Goal of the exercise:
Write out exactly the lines of the entries below from the one holding "bound-In = inl refl" to the one holding "(after commands)) c", inclusive, and leave out all other lines.

Extracted data entries:
________________________________________

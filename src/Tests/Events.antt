-- ===== src/Tests/Events.antt =====
-- The theorems on the input events of platform/windows, applied to concrete events.
use Prim.Native.Nat.{ℕ}
use clip_queue.Prelude.{◌≡◌, ◌↔◌, refl, inl, true, false, arith, ◌+◌, List, [], ◌∷◌, some, String}
use clip_queue.Input.Signature.{
  InputSignature, source_keyboard, compute_hash, equals, to_bytes, read_ok, signature_from_bytes,
}
use clip_queue.Input.Signature.Equality.{IsMade, identity, equals_iff}
use clip_queue.Input.Signature.Bytes.{signature_from_bytes-to_bytes}
use clip_queue.Input.Matcher.{Registered, register, new_signature_matcher, match_signature, get_all}
use clip_queue.Input.Matcher.Lookup.{Hit, In}
use clip_queue.Input.Matcher.Complete.{Command, registers, after, match_signature-after}
use clip_queue.Input.Sequence.{RecordedSequence, play_recorded_sequence_with_options}
use clip_queue.Input.Sequence.Held.{held_after}
use clip_queue.Input.Sequence.Release.{play_recorded_sequence-releases}

-- A sum in place of the hash, which takes the bytes' order into account no more than it must.
abbrev sum : List ℕ → ℕ
sum [] = 0
sum (b ∷ bytes) = b + sum bytes

-- The key V with Control.
abbrev ctrl_v : InputSignature
ctrl_v = record {
  hash = 0 + (1 + (86 + (0 + 0)));
  raw_data = 86 ∷ 0 ∷ [];
  source_type = source_keyboard;
  modifier_state = 1;
}

hash_made : ctrl_v.hash ≡ compute_hash sum ctrl_v.source_type ctrl_v.modifier_state ctrl_v.raw_data
unfolding compute_hash
hash_made = refl

made : IsMade sum ctrl_v
made = record { hashed = hash_made; has_button = λ e. ground arith }

equals_iff_example : (equals ctrl_v ctrl_v ≡ true) ↔ (identity ctrl_v ≡ identity ctrl_v)
equals_iff_example = equals_iff sum ctrl_v ctrl_v made made

signature_from_bytes-to_bytes_example : signature_from_bytes sum (to_bytes ctrl_v) ≡ read_ok ctrl_v
signature_from_bytes-to_bytes_example =
    signature_from_bytes-to_bytes sum ctrl_v (omega arith) hash_made

abbrev bound : Registered String
bound = record { signature = ctrl_v; callback = "paste"; id = "hk" }

abbrev commands : List (Command String)
commands = registers ctrl_v "hk" "paste" ∷ []

bound-In : In bound (get_all (after commands))
unfolding get_all after register new_signature_matcher
bound-In = inl refl

ctrl_v-equal : equals ctrl_v ctrl_v ≡ true
unfolding equals
ctrl_v-equal = refl

match_signature-after_example :
    (c : String) × (match_signature ctrl_v (after commands) ≡ some c)
    × Hit ctrl_v (get_all (after commands)) c
match_signature-after_example = match_signature-after ctrl_v commands bound bound-In ctrl_v-equal

-- One press without its release.
abbrev pressed : RecordedSequence
pressed = record {
  version = 1;
  recorded_at = 0;
  recorded_hkl = 0;
  events = record { vk = 65; scan_code = 30; hook_flags = 0; message = 0x0100; delay_ms = 5 } ∷ [];
}

play_recorded_sequence-releases_example :
    held_after
      (record { vk = 65; scan_code = 30; extended = false })
      (play_recorded_sequence_with_options
        (λ i. 1)
        (λ i. 0)
        (some pressed)
        (record { normalize_delays = false; fixed_delay_ms = 0 })).0
      false
    ≡ false
play_recorded_sequence-releases_example =
    play_recorded_sequence-releases (λ i. 1) (λ i. 0) (some pressed)
      (record { normalize_delays = false; fixed_delay_ms = 0 })
      (record { vk = 65; scan_code = 30; extended = false })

________________________________________

Reply to the exercise:
bound-In = inl refl

ctrl_v-equal : equals ctrl_v ctrl_v ≡ true
unfolding equals
ctrl_v-equal = refl

match_signature-after_example :
    (c : String) × (match_signature ctrl_v (after commands) ≡ some c)
    × Hit ctrl_v (get_all (after commands)) c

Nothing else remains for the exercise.